I then pulled out my smart phone and showed them the pictures of our fiftieth wedding anniversary, the pictures then and now. That always brings chuckles. They passed it around and studied it, looking at us and smiling. “How old were you then?” one of them asked me. I replied: “Catordici.” That’s 14 in Italian. They really cackled when I said that. They didn’t believe it, but yet they knew what I meant by that.
Something about me intrigued them –maybe it was the accent, or the looks or both. I read their minds and told them that I was originally from Ecuador, but that I had lived in the US for over sixty years.
“E parla Spagnolo?” one of them asked me. Of course I speak Spanish! In fact, don’t be surprised if my Italian slips into Spanish words sometimes.
“Actually, we’ve caught a few of those already,” one of them wisecracked. More laughter.

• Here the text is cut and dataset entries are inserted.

-- ===== src/Tar/Recovery/Stream.antt =====
-- librapidarchive/src/tar/recovery.rs: the recovery stream, and what is reported when it tears.
use rapidtar.Prelude.{
  Option-cases, ℕ, ◌-◌, ◌≡◌, ◌⊎◌, refl, sym, ap, ◌∙◌, Bool-cases, inl, inr, true, false, Option,
  none, some, [], ◌∷◌, ◌++◌, length, drop, append_assoc, append-nil,
}
use rapidtar.Io.{Bytes, IoResult, ok, err, RecoverableWrite, IsHonest}
use rapidtar.Spanning.Zone.{DataZone}
use rapidtar.Tar.FileType.{TarFormat, is_file_stream}
use rapidtar.Tar.Path.{PathBuf}
use rapidtar.Tar.Header.{TarHeader, RecoveryEntry, recovery_plan}
use rapidtar.Tar.Numeral.{Formatting}
use rapidtar.Tar.Recovery.{
  FileSystem, Round, recovered, torn, failed, Zones, Recovery, concrete_tarheader, break_on_error,
  copy_source, copy_file, recover_file, with_concrete, recover_zone, recovery_header, next_round,
  recover_data, new_entry,
}

-- The rest of a file from the offset on, if it is a regular one.
abbrev pub RestOf : FileSystem → TarHeader → PathBuf → ℕ → Bytes → Type 0
RestOf fs header canonical_path offset rest =
    ((is_file_stream header.file_type ≡ false) × (rest ≡ []))
    ⊎ ((is_file_stream header.file_type ≡ true)
        × ((source : Bytes) × (fs.open_file canonical_path ≡ ok source)
            × (rest ≡ drop offset source)))

-- What a zone with the identifier `ident` puts into the recovery stream: the header of the plan, and
-- the rest of the file that the plan says.
abbrev pub IsResumed :
    FileSystem → Formatting → ℕ → TarFormat → RecoveryEntry → IoResult TarHeader → Bytes → Type 0
IsResumed fs f fuel format ident said bytes =
    (resumed : TarHeader) × (concrete : Bytes) × (canonical : PathBuf) × (rest : Bytes) × (said
      ≡ ok resumed)
    × (concrete_tarheader f fuel format (recovery_plan format resumed).0 ≡ some (ok concrete))
    × (fs.canonicalize ident.canonical_path ≡ ok canonical)
    × RestOf fs (recovery_plan format resumed).0 canonical (recovery_plan format resumed).1 rest
    × (bytes ≡ concrete ++ rest)

-- The recovery stream of a list of zones: those with no identifier put nothing into it.
pub data RecoveryStream (fs : FileSystem) (f : Formatting) (fuel : ℕ) (format : TarFormat)
    : Zones → Bytes → Type 0 where
  finished : RecoveryStream fs f fuel format [] []
  slack :
      (zone : DataZone RecoveryEntry) (zones : Zones) (rest : Bytes)
      → zone.ident ≡ none
      → RecoveryStream fs f fuel format zones rest
      → RecoveryStream fs f fuel format (zone ∷ zones) rest
  resumption :
      (zone : DataZone RecoveryEntry) (ident : RecoveryEntry) (zones : Zones) (bytes rest : Bytes)
      → zone.ident ≡ some ident
      → IsResumed fs f fuel format ident (recovery_header fs ident zone) bytes
      → RecoveryStream fs f fuel format zones rest
      → RecoveryStream fs f fuel format (zone ∷ zones) (bytes ++ rest)

module _ {W : Type 0} where
  pub recovered_inj : {w v : W} → recovered w ≡ recovered v → w ≡ v
  recovered_inj h = cc

module _ {W : Type 0} (fs : FileSystem) (o : RecoverableWrite W RecoveryEntry)
    (contents : W → Bytes) (honest : IsHonest o contents) where
  written :
      (b : Bytes) (w : W) (r : IoResult (Unit {0}) × W) {w' : W}
      → o.write_all b w ≡ r
      → break_on_error r ≡ recovered w'
      → contents w' ≡ contents w ++ b
  unfolding break_on_error
  written b w (ok _, v) e same =
      sym (ap contents (ap (λ r. r.1) e ∙ recovered_inj same))
      ∙ honest.write_all_ok b w (ap (λ r. r.0) e)
  written b w (err x, v) e same = absurd (cc)

  source_copied :
      (found : IoResult Bytes) (failure : Option ℕ) (offset : ℕ) (w : W) {w' : W}
      → copy_source fs o found failure offset w ≡ recovered w'
      → (source : Bytes) × (found ≡ ok source) × (contents w' ≡ contents w ++ drop offset source)
  unfolding copy_source
  source_copied (ok source) none offset w h =
      (source, refl, written (drop offset source) w (o.write_all (drop offset source) w) refl h)
  source_copied (ok source) (some position) offset w h = absurd (cc)
  source_copied (err e) failure offset w h = absurd (cc)

  file_copied :
      (header : TarHeader) (canonical : PathBuf) (offset : ℕ) (concrete : Bytes) (w : W)
      (r : IoResult (Unit {0}) × W) {w' : W}
      → o.write_all concrete w ≡ r
      → copy_file fs o header canonical offset r ≡ recovered w'
      → (rest : Bytes) × RestOf fs header canonical offset rest
        × (contents w' ≡ contents w ++ (concrete ++ rest))
  unfolding copy_file
  file_copied header canonical offset concrete w (ok _, v) {w'} e h =
      let put : contents v ≡ contents w ++ concrete =
        sym (ap (λ r. contents r.1) e) ∙ honest.write_all_ok concrete w (ap (λ r. r.0) e) in
      elim (Bool-cases (is_file_stream header.file_type)) [
        | inl stream ↦
            let (source, found, after) =
              source_copied (fs.open_file canonical) (fs.read_failure canonical) offset v
                (rw stream at h) in
            (
              drop offset source,
              inr (stream, (source, found, refl)),
              after
                  ∙ ap (λ c. c ++ drop offset source) put
                  ∙ append_assoc (contents w) concrete (drop offset source),
            )
        | inr other ↦
            let kept : recovered v ≡ recovered w' = rw other at h in
            (
              [],
              inl (other, refl),
              sym (ap contents (recovered_inj kept))
                  ∙ put
                  ∙ sym (ap (λ c. contents w ++ c) (append-nil concrete)),
            )
      ]
  file_copied header canonical offset concrete w (err x, v) e h = absurd (cc)

  file_recovered :
      (ident : RecoveryEntry) (zone : DataZone RecoveryEntry) (header : TarHeader) (offset : ℕ)
      (concrete : Bytes) (path : IoResult PathBuf) (w : W) {w' : W}
      → recover_file fs o ident zone header offset concrete path w ≡ recovered w'
      → (canonical : PathBuf) × (rest : Bytes) × (path ≡ ok canonical)
        × RestOf fs header canonical offset rest
        × (contents w' ≡ contents w ++ (concrete ++ rest))
  unfolding recover_file
  file_recovered ident zone header offset concrete (ok canonical) w {w'} h =
      let new_ident = new_entry ident.original_path ident.canonical_path (length concrete) in
      let committed = zone.committed_length - ident.header_length in
      let v = o.resume_data_zone new_ident committed w in
      let (rest, found, after) =
        file_copied header canonical offset concrete v (o.write_all concrete v) refl h in
      (
        canonical,
        rest,
        refl,
        found,
        after ∙ ap (λ c. c ++ (concrete ++ rest)) (honest.contents-resume new_ident committed w),
      )
  file_recovered ident zone header offset concrete (err e) w h = absurd (cc)

  concrete_recovered :
      (ident : RecoveryEntry) (zone : DataZone RecoveryEntry) (header : TarHeader) (offset : ℕ)
      (made : IoResult Bytes) (w : W) {w' : W}
      → with_concrete fs o ident zone header offset made w ≡ recovered w'
      → (concrete : Bytes) × (canonical : PathBuf) × (rest : Bytes) × (made ≡ ok concrete)
        × (fs.canonicalize ident.canonical_path ≡ ok canonical)
        × RestOf fs header canonical offset rest
        × (contents w' ≡ contents w ++ (concrete ++ rest))
  unfolding with_concrete
  concrete_recovered ident zone header offset (ok concrete) w h =
      let (canonical, rest, path, found, after) =
        file_recovered ident zone header offset concrete (fs.canonicalize ident.canonical_path) w
          h in
      (concrete, canonical, rest, refl, path, found, after)
  concrete_recovered ident zone header offset (err e) w h = absurd (cc)

  pub zone_recovered :
      (f : Formatting) (fuel : ℕ) (format : TarFormat) (ident : RecoveryEntry)
      (zone : DataZone RecoveryEntry) (said : IoResult TarHeader) (w : W) {w' : W}
      → recover_zone fs o f fuel format ident zone said w ≡ some (recovered w')
      → (bytes : Bytes) × IsResumed fs f fuel format ident said bytes
        × (contents w' ≡ contents w ++ bytes)
  unfolding recover_zone
  zone_recovered f fuel format ident zone (ok resumed) w {w'} h =
      let (header, offset) = recovery_plan format resumed in
      plan_recovered (concrete_tarheader f fuel format header) refl h
    where
      plan_recovered :
          (made : Option (IoResult Bytes))
          → concrete_tarheader f fuel format (recovery_plan format resumed).0 ≡ made
          → elim made [
            | none ↦ none
            | some concrete ↦ some (
                with_concrete fs o ident zone
                  (recovery_plan format resumed).0
                  (recovery_plan format resumed).1
                  concrete
                  w)
          ]
            ≡ some (recovered w')
          → (bytes : Bytes) × IsResumed fs f fuel format ident (ok resumed) bytes
            × (contents w' ≡ contents w ++ bytes)
      plan_recovered none e same = absurd (cc)
      plan_recovered (some made) e same =
          let (concrete, canonical, rest, good, path, found, after) =
            concrete_recovered ident zone (recovery_plan format resumed).0
              (recovery_plan format resumed).1 made w (cc) in
          (
            concrete ++ rest,
            (resumed, concrete, canonical, rest, refl, e ∙ ap some good, path, found, refl),
            after,
          )
  zone_recovered f fuel format ident zone (err e) w h = absurd (cc)

  round_ended :
      (r : Option (Round W)) (rest : Zones) (next : W → Recovery W) {w' : W}
      → next_round fs o r rest next ≡ some (ok none, w')
      → (v : W) × (r ≡ some (recovered v)) × (next v ≡ some (ok none, w'))
  unfolding next_round
  round_ended none rest next h = absurd (cc)
  round_ended (some (recovered v)) rest next h = (v, refl, h)
  round_ended (some (torn v)) rest next h = absurd (cc)
  round_ended (some (failed e v)) rest next h = absurd (cc)

  -- Over a writer that keeps to the contract of `io::Write`: where `recover_data` returns Ok(None), it
  -- has put the recovery stream of all lost zones behind what the writer held, and nothing else.
  pub recover_data-RecoveryStream :
      (f : Formatting) (fuel : ℕ) (format : TarFormat) (lost : Zones) (w : W) {w' : W}
      → recover_data fs o f fuel format lost w ≡ some (ok none, w')
      → (bytes : Bytes) × RecoveryStream fs f fuel format lost bytes
        × (contents w' ≡ contents w ++ bytes)
  unfolding recover_data
  recover_data-RecoveryStream f fuel format [] w {w'} h =
      let same : w ≡ w' = cc in
      ([], finished, sym (ap contents same) ∙ sym (append-nil (contents w)))
  recover_data-RecoveryStream f fuel format (zone ∷ zones) w {w'} h =
      elim (Option-cases zone.ident) [
        | inl slack_zone ↦
            let (rest, stream, after) =
              recover_data-RecoveryStream f fuel format zones w (rw slack_zone at h) in
            (rest, slack zone zones rest slack_zone stream, after)
        | inr (ident, has) ↦
            let said = recovery_header fs ident zone in
            let (v, round, h') =
              round_ended (recover_zone fs o f fuel format ident zone said w) zones
                (λ v. recover_data fs o f fuel format zones v) (rw has at h) in
            let (bytes, put, after) = zone_recovered f fuel format ident zone said w round in
            let (rest, stream, after') = recover_data-RecoveryStream f fuel format zones v h' in
            (
              bytes ++ rest,
              resumption zone ident zones bytes rest has put stream,
              after' ∙ ap (λ c. c ++ rest) after ∙ append_assoc (contents w) bytes rest,
            )
      ]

We were all having a grand time. It is a joy to talk to the locals while abroad. Time passes by so pleasantly. We discover our kinship; we feel that bond of humanity which, despite distance and language, reveals our commonality. Oh, yes, we have different plumage, but we are all feathers just the same. We are all birds.

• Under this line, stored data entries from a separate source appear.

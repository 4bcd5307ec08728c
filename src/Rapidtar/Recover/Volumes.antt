-- ===== src/Rapidtar/Recover/Volumes.antt =====
-- rapidtar/src/bin/rapidtar.rs: the volumes that `recover_proc` goes through.
use rapidtar.Prelude.{
  ℕ, ◌+◌, ◌<◌, ◌≡◌, ◌≢◌, inl, inr, refl, sym, ap, ◌∙◌, Bool, true, false, Option, none, some,
  if◌then◌else◌, zero, suc, arith, length, Bool-cases, if_true, if_false,
}
use rapidtar.Io.{IoResult, ok, err, other}
use rapidtar.Tar.Recovery.{Zones, Recovery, recover_data}
use rapidtar.Rapidtar.{TarParameter, TarResult}
use rapidtar.Rapidtar.Exchange.{
  Console, Exchange, exchanged, broken, panicked, volume_exchange_cli, volume_exchange_cli-shorter,
}
use rapidtar.Rapidtar.Label.{Setting, label_proc}
use rapidtar.Rapidtar.Recover.{
  Session, Exit, returned, hung, Sinks, first_zone, recovered_to, labelled, with_volume,
  after_exchange, recover_loop, recover_proc,
}

module _ {W : Type 0} (e : Setting) (k : Sinks W) where
  -- The zones that are lost in the end, by those that are lost at first: each volume in between, at which
  -- `recover_data` breaks off, reports the zones for the next.
  pub data Handed : Zones → Zones → Type 0 where
    kept : (lost : Zones) → Handed lost lost
    passed :
        (params : TarParameter) (lost left last : Zones) (w w' : W)
        → recover_data e.files k.writer e.formatting e.fuel params.format lost w
          ≡ some (ok (some left), w')
        → Handed left last
        → Handed lost last

  -- The call goes on with zones that it hands on, and a session with as much to read.
  abbrev pub GoesOn : Zones → Session → (Zones → Session → Exit W) → Exit W → Type 0
  GoesOn lost s again out =
      (lost' : Zones) × (s' : Session) × (s'.input ≡ s.input)
      × ((last : Zones) → Handed lost' last → Handed lost last)
      × (again lost' s' ≡ out)

  recovered_to-hung :
      (lost : Zones) (w : W) (s : Session) (again : Zones → Session → Exit W) (r : Recovery W)
      → recover_data e.files k.writer e.formatting e.fuel s.params.format lost w ≡ r
      → recovered_to e k r s again ≡ hung
      → GoesOn lost s again hung
  unfolding recovered_to
  recovered_to-hung lost w s again none made h = absurd (cc)
  recovered_to-hung lost w s again (some (ok none, w')) made h = absurd (cc)
  recovered_to-hung lost w s again (some (ok (some left), w')) made h =
      (left, s, refl, λ last on. passed s.params lost left last w w' made on, h)
  recovered_to-hung lost w s again (some (err x, w')) made h = absurd (cc)

  labelled-hung :
      (x : Option (IoResult (Unit {0}) × W)) (lost : Zones) (s : Session)
      (again : Zones → Session → Exit W)
      → labelled e k x lost s again ≡ hung
      → GoesOn lost s again hung
  unfolding labelled
  labelled-hung none lost s again h = absurd (cc)
  labelled-hung (some (err x, w)) lost s again h = absurd (cc)
  labelled-hung (some (ok _, w)) lost s again h =
      recovered_to-hung lost w s again
        (recover_data e.files k.writer e.formatting e.fuel s.params.format lost w) refl h

  with_volume-hung :
      (x : IoResult W) (lost : Zones) (s : Session) (again : Zones → Session → Exit W)
      → with_volume e k x lost s again ≡ hung
      → GoesOn lost s again hung
  unfolding with_volume
  with_volume-hung (err x) lost s again h = (lost, s, refl, λ last on. on, h)
  with_volume-hung (ok w) lost s again h =
      let s' = record s { result = record s.result { volume_count = s.result.volume_count + 1 } } in
      labelled-hung (label_proc k.writer e (first_zone lost) s'.params s'.result w) lost s' again h

  after_exchange-hung :
      (x : Exchange) (lost : Zones) (s : Session) (again : Zones → Session → Exit W)
      → after_exchange e k x lost s again ≡ hung
      → (params : TarParameter) × (result : TarResult) × (input : Console) × (x
          ≡ exchanged params result input)
        × GoesOn lost (record s { params = params; result = result; input = input }) again hung
  unfolding after_exchange
  after_exchange-hung panicked lost s again h = absurd (cc)
  after_exchange-hung (broken x) lost s again h = absurd (cc)
  after_exchange-hung (exchanged params result input) lost s again h =
      let s' = record s {
        params = params;
        result = result;
        input = input;
        opened = s.opened + 1;
      } in
      let volume =
        k.open_sink s.opened params.outfile params.perf_tuning params.spanning_size_limit in
      (
        params,
        result,
        input,
        refl,
        not_cancelled result.cancelled (record s' { opened = s.opened })
            (with_volume e k volume lost s' again) h
            (λ h'. with_volume-hung volume lost s' again h'),
      )
    where
      not_cancelled :
          (b : Bool) (t : Session) (out : Exit W) {A : Type 0}
          → (if b then returned (err other) t else out) ≡ hung
          → (out ≡ hung → A)
          → A
      not_cancelled true t out h on = absurd (cc)
      not_cancelled false t out h on = on h

  recover_loop-returns :
      (fuel : ℕ) (lost : Zones) (s : Session)
      → length s.input < fuel
      → recover_loop e k fuel lost s ≢ hung
  unfolding recover_loop
  recover_loop-returns zero lost s enough h = absurd (omega arith)
  recover_loop-returns (suc fuel) lost s enough h = elim (Bool-cases s.result.cancelled) [
    | inl stopped ↦
        let out : returned (err other) s ≡ hung = sym (if_true _ _ _ stopped) ∙ h in absurd (cc)
    | inr going ↦
        let again : Zones → Session → Exit W = λ lost' s'. recover_loop e k fuel lost' s' in
        let x = volume_exchange_cli k.trim s.params s.result s.input in
        let (params, result, input, answer, (lost', s', same, _, h')) =
          after_exchange-hung x lost s again (sym (if_false _ _ _ going) ∙ h) in
        recover_loop-returns fuel lost' s'
          (omega (
            arith,
            enough,
            ap length same,
            volume_exchange_cli-shorter k.trim s.params s.result s.input going answer,
          ))
          h'
  ]

  -- Where there is one round of fuel for each line of the input and one more, `recover_proc` does not
  -- hang: however often a volume cannot be opened or fills up, it returns, unless it panics or an
  -- attribute of a header takes more rounds than its fuel.
  pub recover_proc-returns :
      (fuel : ℕ) (old_tarball : W) (s : Session)
      → length s.input < fuel
      → recover_proc e k fuel old_tarball s ≢ hung
  unfolding recover_proc
  recover_proc-returns fuel old_tarball s enough h = elim (Bool-cases s.result.cancelled) [
    | inl stopped ↦
        let out : returned (ok old_tarball) s ≡ hung = sym (if_true _ _ _ stopped) ∙ h in
        absurd (cc)
    | inr going ↦
        recover_loop-returns fuel (k.writer.uncommitted_writes old_tarball) s enough
          (sym (if_false _ _ _ going) ∙ h)
  ]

“Have any of you seen the show Il Commissario Manara on TV?” I asked them. I could see shock on their faces. Of course, we have! Why would you ask? The shock is that you have seen it! “Don’t tell me they show that in the US?” one of them asked me. I had a lot explaining to do.

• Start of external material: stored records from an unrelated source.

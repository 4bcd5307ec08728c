-- ===== src/Rapidtar/Recover/Moved.antt =====
-- rapidtar/src/bin/rapidtar.rs: what the volume holds that `recover_proc` returns.
use rapidtar.Prelude.{
  ℕ, ◌+◌, ◌≡◌, ◌⊎◌, inl, inr, refl, sym, ap, ◌∙◌, Bool, true, false, Option, none, some, ◌++◌,
  if◌then◌else◌, zero, suc, append_assoc, if_false,
}
use rapidtar.Io.{Bytes, IoResult, ok, err, other, IsHonest}
use rapidtar.Tar.Recovery.{Zones, Recovery, recover_data}
use rapidtar.Tar.Recovery.Stream.{RecoveryStream, recover_data-RecoveryStream}
use rapidtar.Rapidtar.Exchange.{Exchange, exchanged, broken, panicked, volume_exchange_cli}
use rapidtar.Rapidtar.Label.{Setting, label_bytes, label_proc}
use rapidtar.Rapidtar.Recover.Volumes.{Handed, kept, passed, GoesOn}
use rapidtar.Rapidtar.Label.Written.{label_written}
use rapidtar.Rapidtar.Recover.{
  Session, Exit, returned, Sinks, first_zone, recovered_to, labelled, with_volume, after_exchange,
  recover_loop, recover_proc,
}

module _ {W : Type 0} (e : Setting) (k : Sinks W) (contents : W → Bytes)
    (honest : IsHonest k.writer contents) where
  -- The sink of the session: a new one, with a label and the recovery stream of the lost zones.
  abbrev pub IsRecovered : Zones → W → Session → Type 0
  IsRecovered lost w s =
      (count : ℕ) × (empty : W) × (label : Bytes) × (bytes : Bytes) × (k.open_sink count
          s.params.outfile s.params.perf_tuning s.params.spanning_size_limit
        ≡ ok empty)
      × (label_bytes e (first_zone lost) s.params s.result ≡ some (ok label))
      × RecoveryStream e.files e.formatting e.fuel s.params.format lost bytes
      × (contents w ≡ contents empty ++ (label ++ bytes))

  recovered_to-ok :
      (lost : Zones) (w : W) (s : Session) (again : Zones → Session → Exit W) (r : Recovery W)
      {v : W} {s' : Session}
      → recover_data e.files k.writer e.formatting e.fuel s.params.format lost w ≡ r
      → recovered_to e k r s again ≡ returned (ok v) s'
      → GoesOn e k lost s again (returned (ok v) s')
        ⊎ ((s ≡ s')
            × ((bytes : Bytes) × RecoveryStream e.files e.formatting e.fuel s.params.format lost
                  bytes
                × (contents v ≡ contents w ++ bytes)))
  unfolding recovered_to
  recovered_to-ok lost w s again none made h = absurd (cc)
  recovered_to-ok lost w s again (some (ok none, w')) {v} {s'} made h =
      let same : w' ≡ v = cc in
      inr (
        (cc),
        recover_data-RecoveryStream e.files k.writer contents honest e.formatting e.fuel
            s.params.format lost w (made ∙ ap (λ w. some (ok none, w)) same),
      )
  recovered_to-ok lost w s again (some (ok (some left), w')) made h =
      inl (left, s, refl, λ last on. passed s.params lost left last w w' made on, h)
  recovered_to-ok lost w s again (some (err x, w')) made h = absurd (cc)

  labelled-ok :
      (count : ℕ) (empty : W) (lost : Zones) (s : Session) (again : Zones → Session → Exit W)
      (x : Option (IoResult (Unit {0}) × W)) {v : W} {s' : Session}
      → k.open_sink count s.params.outfile s.params.perf_tuning s.params.spanning_size_limit
        ≡ ok empty
      → label_proc k.writer e (first_zone lost) s.params s.result empty ≡ x
      → labelled e k x lost s again ≡ returned (ok v) s'
      → GoesOn e k lost s again (returned (ok v) s') ⊎ IsRecovered lost v s'
  unfolding labelled label_proc
  labelled-ok count empty lost s again none opened made h = absurd (cc)
  labelled-ok count empty lost s again (some (err x, w)) opened made h = absurd (cc)
  labelled-ok count empty lost s again (some (ok _, w)) {v} {s'} opened made h =
      let (label, wanted, put) =
        label_written k.writer contents honest (label_bytes e (first_zone lost) s.params s.result)
          empty w made in
      elim (recovered_to-ok lost w s again
        (recover_data e.files k.writer e.formatting e.fuel s.params.format lost w) refl h) [
          | inl on ↦ inl on
          | inr (same, (bytes, stream, after)) ↦
              let all : contents v ≡ contents empty ++ (label ++ bytes) =
                after ∙ ap (λ c. c ++ bytes) put ∙ append_assoc (contents empty) label bytes in
              inr (rw (sym same) (count, empty, label, bytes, opened, wanted, stream, all))
        ]

  with_volume-ok :
      (count : ℕ) (lost : Zones) (s : Session) (again : Zones → Session → Exit W) (x : IoResult W)
      {v : W} {s' : Session}
      → k.open_sink count s.params.outfile s.params.perf_tuning s.params.spanning_size_limit ≡ x
      → with_volume e k x lost s again ≡ returned (ok v) s'
      → GoesOn e k lost s again (returned (ok v) s') ⊎ IsRecovered lost v s'
  unfolding with_volume
  with_volume-ok count lost s again (err x) opened h = inl (lost, s, refl, λ last on. on, h)
  with_volume-ok count lost s again (ok empty) opened h =
      let s₁ = record s { result = record s.result { volume_count = s.result.volume_count + 1 } } in
      labelled-ok count empty lost s₁ again
        (label_proc k.writer e (first_zone lost) s₁.params s₁.result empty) opened refl h

  not_cancelled :
      (b : Bool) (t : Session) (out : Exit W) {v : W} {s' : Session}
      → (if b then returned (err other) t else out) ≡ returned (ok v) s'
      → out ≡ returned (ok v) s'
  not_cancelled true t out h = absurd (cc)
  not_cancelled false t out h = h

  after_exchange-ok :
      (x : Exchange) (lost : Zones) (s : Session) (again : Zones → Session → Exit W) {v : W}
      {s' : Session}
      → after_exchange e k x lost s again ≡ returned (ok v) s'
      → ((lost' : Zones) × (s'' : Session) × ((last : Zones)
            → Handed e k lost' last
            → Handed e k lost last)
          × (again lost' s'' ≡ returned (ok v) s'))
        ⊎ IsRecovered lost v s'
  unfolding after_exchange
  after_exchange-ok panicked lost s again h = absurd (cc)
  after_exchange-ok (broken x) lost s again h = absurd (cc)
  after_exchange-ok (exchanged params result input) lost s again h =
      let s₁ = record s { params = params; result = result; input = input } in
      let s₂ = record s₁ { opened = s.opened + 1 } in
      let volume =
        k.open_sink s.opened params.outfile params.perf_tuning params.spanning_size_limit in
      elim (with_volume-ok s.opened lost s₂ again volume refl
        (not_cancelled result.cancelled s₁ (with_volume e k volume lost s₂ again) h)) [
          | inl (lost', s'', _, on, out) ↦ inl (lost', s'', on, out)
          | inr done ↦ inr done
        ]

  recover_loop-IsRecovered :
      (fuel : ℕ) (lost : Zones) (s : Session) {v : W} {s' : Session}
      → recover_loop e k fuel lost s ≡ returned (ok v) s'
      → (last : Zones) × Handed e k lost last × IsRecovered last v s'
  unfolding recover_loop
  recover_loop-IsRecovered zero lost s h = absurd (cc)
  recover_loop-IsRecovered (suc fuel) lost s {v} {s'} h =
      let again : Zones → Session → Exit W = λ lost' s'. recover_loop e k fuel lost' s' in
      let x = volume_exchange_cli k.trim s.params s.result s.input in
      elim (after_exchange-ok x lost s again
        (not_cancelled s.result.cancelled s (after_exchange e k x lost s again) h)) [
          | inl (lost', s'', on, out) ↦
              let (last, handed, done) = recover_loop-IsRecovered fuel lost' s'' out in
              (last, on last handed, done)
          | inr done ↦ (lost, kept lost, done)
        ]

  -- Over sinks that keep to the contract of `io::Write`: where `recover_proc` of an operation that is
  -- not cancelled returns Ok, it returns a sink that has been opened for it, with the label for the
  -- zones that are lost in the end and all of their recovery stream, and nothing else. These zones are
  -- those that the old sink has not committed, as `recover_data` has reported them of each volume in
  -- between.
  pub recover_proc-IsRecovered :
      (fuel : ℕ) (old_tarball : W) (s : Session) {v : W} {s' : Session}
      → s.result.cancelled ≡ false
      → recover_proc e k fuel old_tarball s ≡ returned (ok v) s'
      → (last : Zones) × Handed e k (k.writer.uncommitted_writes old_tarball) last
        × IsRecovered last v s'
  unfolding recover_proc
  recover_proc-IsRecovered fuel old_tarball s going h =
      recover_loop-IsRecovered fuel (k.writer.uncommitted_writes old_tarball) s
        (sym (if_false _ _ _ going) ∙ h)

“No, they don’t show that in the US. I have seen that show because I subscribe to an Italian-learning program over the internet called: Yabla Italian. This is a delightful way to learn languages. They have Yabla Spanish, Yabla French, etc. Although they do offer grammar lessons, the majority of their video presentations are about culture, about everyday Italian life, about art, cooking, travel, music, history, news and they also show some TV shows. Each presentation has subtitles both in English and Italian. You can stop it at any time, you can replay, fast forward and rewind. A lot of it is done tongue-in-cheek. I love it. I have learned quite a bit since I got it, last April.”
This particular show, which ran in Italy from 2009 to 2012, involves a young sheriff, Manara, and his lovely assistant, Lara Rubino. Both are in their early thirties. They fight like cat and mouse because they won’t admit to themselves that deep down they love each other. So far they prefer to hide their true feelings, but the love and the attraction are latent, palpable and it causes problems at times. The show has good detective work, they do solve crimes, but it also has a lot of comedy. We started comparing notes on the train. Did you see the one where…? And the one where they almost kissed? Then one of them asked me: “What do you like about that show?” Without hesitation, I immediately responded: “Lara Rubino.”
They roared laughing, but they all understood. Did JoAnn also watch that show? Yes, I tell her about it. She’s seen an episode or two.
The train came to a stop. We said our very warm goodbyes and then as wayfaring friends will always do, we went our separate ways, looking for our own little corners hidden in the night of Milan.
Tomorrow is our penultimate day in Italy.